What to produce
Take each line of the entries below that contains "enough" and copy it.

Material supplied
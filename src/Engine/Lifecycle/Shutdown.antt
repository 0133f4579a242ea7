-- ===== src/Engine/Lifecycle/Shutdown.antt =====
-- What `shutdown` achieves: every accepted entry is stored, if the writer thread makes progress while
-- the call sleeps.
use tonggeret.Base.{
  ℕ, ◌+◌, ◌*◌, ◌≤◌, ◌≡◌, refl, sym, ap, ◌∙◌, true, false, Option, none, some, List, arith,
}
use mathlib.Core.Path.{subst}
use tonggeret.Error.{Result, ok}
use tonggeret.Types.{PipelineMsg}
use tonggeret.Channel.{Channel}
use tonggeret.Storage.Json.{Json}
use tonggeret.Storage.Partition.{Partition}
use tonggeret.Storage.Writer.{exited, flush_batch}
use tonggeret.Engine.{Registry, EngineHandle}
use tonggeret.Engine.Pipeline.{Accepted}
use tonggeret.Engine.Pipeline.Accounts.{exited-stored}
use tonggeret.Engine.Pipeline.Drain.{run_writer, run_writer-exited}
use tonggeret.Engine.Lifecycle.{Thread, State}
use tonggeret.Engine.Lifecycle.Close.{
  run_thread, deliver, ask, run_on, close_down, shutdown_handle, shut_down, stop_task, has_ended,
  is_exited, stopped,
}
use tonggeret.Engine.Lifecycle.Steps.{run_writer-Run}
use tonggeret.Engine.Lifecycle.Deliver.{Serving, Delivered, deliver-Delivered}

module _ {F64 : Type 0} (json : Json F64) (partition : Partition) (registry : Registry F64)
    (channel : Channel (PipelineMsg F64)) (new_registry : List F64 → Result registry.Reg) where
  open channel use {Chan, view, try_send}
  open partition use {Store}
  open registry use {Reg}

  -- The thread has returned; the store is what `flush_batch` makes of the accepted entries, in order, and
  -- it has been persisted.
  abbrev pub IsStored : Store → Accepted F64 → Option (Thread F64 Store) → Type 0
  IsStored s0 acc none = ⊥
  IsStored s0 acc (some t) =
      (t.writer.phase ≡ exited)
      × (flush_batch json partition acc.0 (s0, 0) ≡ (t.writer.store, t.writer.seq))
      × (t.writer.persisted ≡ true)

  run_on-IsStored :
      (waits : ℕ) (s0 : Store) (acc : Accepted F64) (batch_rows capacity : ℕ)
      (t : Option (Thread F64 Store)) (c : Chan)
      → Delivered json partition registry channel new_registry s0 acc batch_rows capacity t c
      → 2 * capacity + 1 ≤ waits
      → (has_ended json partition registry channel new_registry
            (run_on json partition registry channel new_registry waits (t, some c)).0
          ≡ true)
        × IsStored s0 acc (run_on json partition registry channel new_registry waits (t, some c)).0
  unfolding run_on run_thread
  run_on-IsStored waits s0 acc batch_rows capacity t c d enough =
      let s = run_writer json partition registry channel batch_rows waits d.writer c in
      let at =
        run_writer-exited json partition registry channel batch_rows waits d.writer c d.asked_for
          (omega (arith, d.most)) in
      let (ended, stored, persisted) =
        exited-stored json partition registry channel batch_rows
          (run_writer-Run json partition registry channel batch_rows waits d.run) at in
      subst
        (λ x.
          (has_ended json partition registry channel new_registry
              (run_thread json partition registry channel new_registry waits x c).0
            ≡ true)
          × IsStored s0 acc (run_thread json partition registry channel new_registry waits x c).0)
        (sym d.thread) (ap is_exited at, (at, stored, persisted))

  stop_task_keeps :
      (task : Option ℕ) (p : State json partition registry channel new_registry)
      → ((stop_task json partition registry channel new_registry task p).thread ≡ p.thread)
        × ((stop_task json partition registry channel new_registry task p).writer_join
            ≡ p.writer_join)
  unfolding stop_task
  stop_task_keeps none p = (refl, refl)
  stop_task_keeps (some t) p = (refl, refl)

  pub shut_down-up :
      (busy : ℕ → ℕ) (waits : ℕ) (h : EngineHandle Chan Reg)
      (p : State json partition registry channel new_registry)
      → p.global ≡ some h
      → h.is_shutdown ≡ false
      → shut_down json partition registry channel new_registry busy waits p
        ≡ close_down json partition registry channel new_registry waits
            (record h { is_shutdown = true })
            (ask json partition registry channel new_registry busy h.tx p.thread)
            p
  unfolding shut_down
  shut_down-up busy waits h p global up =
      ap (λ g. shutdown_handle json partition registry channel new_registry busy waits g p) global
      ∙ (unfold shutdown_handle in rw up)

  pub ask_lem :
      (busy : ℕ → ℕ) (h : EngineHandle Chan Reg) (c : Chan) (t : Thread F64 Store)
      (o : Option (Thread F64 Store))
      → h.tx ≡ some c
      → o ≡ some t
      → ask json partition registry channel new_registry busy h.tx o ≡ (
        (deliver json partition registry channel new_registry 100 busy (some t) c).0,
        some (deliver json partition registry channel new_registry 100 busy (some t) c).1,
      )
  unfolding ask
  ask_lem busy h c t o tx thread =
      ap (λ x. ask json partition registry channel new_registry busy x o) tx
      ∙ ap (λ x. ask json partition registry channel new_registry busy (some c) x) thread

  close_down-ended :
      (waits : ℕ) (h : EngineHandle Chan Reg) (s : Option (Thread F64 Store) × Option Chan)
      (p : State json partition registry channel new_registry)
      → p.writer_join ≡ true
      → has_ended json partition registry channel new_registry
          (run_on json partition registry channel new_registry waits s).0
        ≡ true
      → close_down json partition registry channel new_registry waits h s p
        ≡ some (
          ok tt,
          stopped json partition registry channel new_registry h
              (run_on json partition registry channel new_registry waits s)
              p,
        )
  unfolding close_down
  close_down-ended waits h s p join ended = rw (join, ended)

  -- On a process that serves, if the thread takes two steps or more while the call first sleeps, and
  -- then two for each place of the channel and one more: `shutdown` returns without an error, the writer
  -- thread has returned, and the store holds exactly the entries that were accepted, stored in their
  -- order and persisted.
  pub shut_down-stores :
      (busy : ℕ → ℕ) (waits : ℕ) (s0 : Store) (acc : Accepted F64) (h : EngineHandle Chan Reg)
      (c : Chan) (t : Thread F64 Store) (p : State json partition registry channel new_registry)
      → Serving json partition registry channel new_registry s0 acc h c t p
      → 2 ≤ busy 99
      → 2 * (view c).capacity + 1 ≤ waits
      → (p' : State json partition registry channel new_registry) × (shut_down json partition
            registry channel new_registry busy waits p
          ≡ some (ok tt, p'))
        × IsStored s0 acc p'.thread
        × (p'.writer_join ≡ false)
  shut_down-stores busy waits s0 acc h c t p v awake enough =
      let sent_it =
        deliver-Delivered json partition registry channel new_registry 98 busy s0 acc t c v.run
          v.before v.is_open v.least v.most awake in
      let d = deliver json partition registry channel new_registry 100 busy (some t) c in
      let (ended, stored) =
        run_on-IsStored waits s0 acc t.batch_rows (view c).capacity d.0 d.1 sent_it enough in
      let s = run_on json partition registry channel new_registry waits (d.0, some d.1) in
      let down = record h { is_shutdown = true } in
      let (kept, joined) = stop_task_keeps p.compaction_task (record p {
        global = some (record down { tx = s.1 });
        thread = s.0;
        writer_join = false;
      }) in
      (
        stopped json partition registry channel new_registry down s p,
        shut_down-up busy waits h p v.global v.up
            ∙ ap (λ x. close_down json partition registry channel new_registry waits down x p)
                (ask_lem busy h c t p.thread v.tx v.thread)
            ∙ close_down-ended waits down (d.0, some d.1) p v.join ended,
        subst (IsStored s0 acc) (sym kept) stored,
        joined,
      )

Task result
  run_on-IsStored waits s0 acc batch_rows capacity t c d enough =
  shut_down-stores busy waits s0 acc h c t p v awake enough =
        run_on-IsStored waits s0 acc t.batch_rows (view c).capacity d.0 d.1 sent_it enough in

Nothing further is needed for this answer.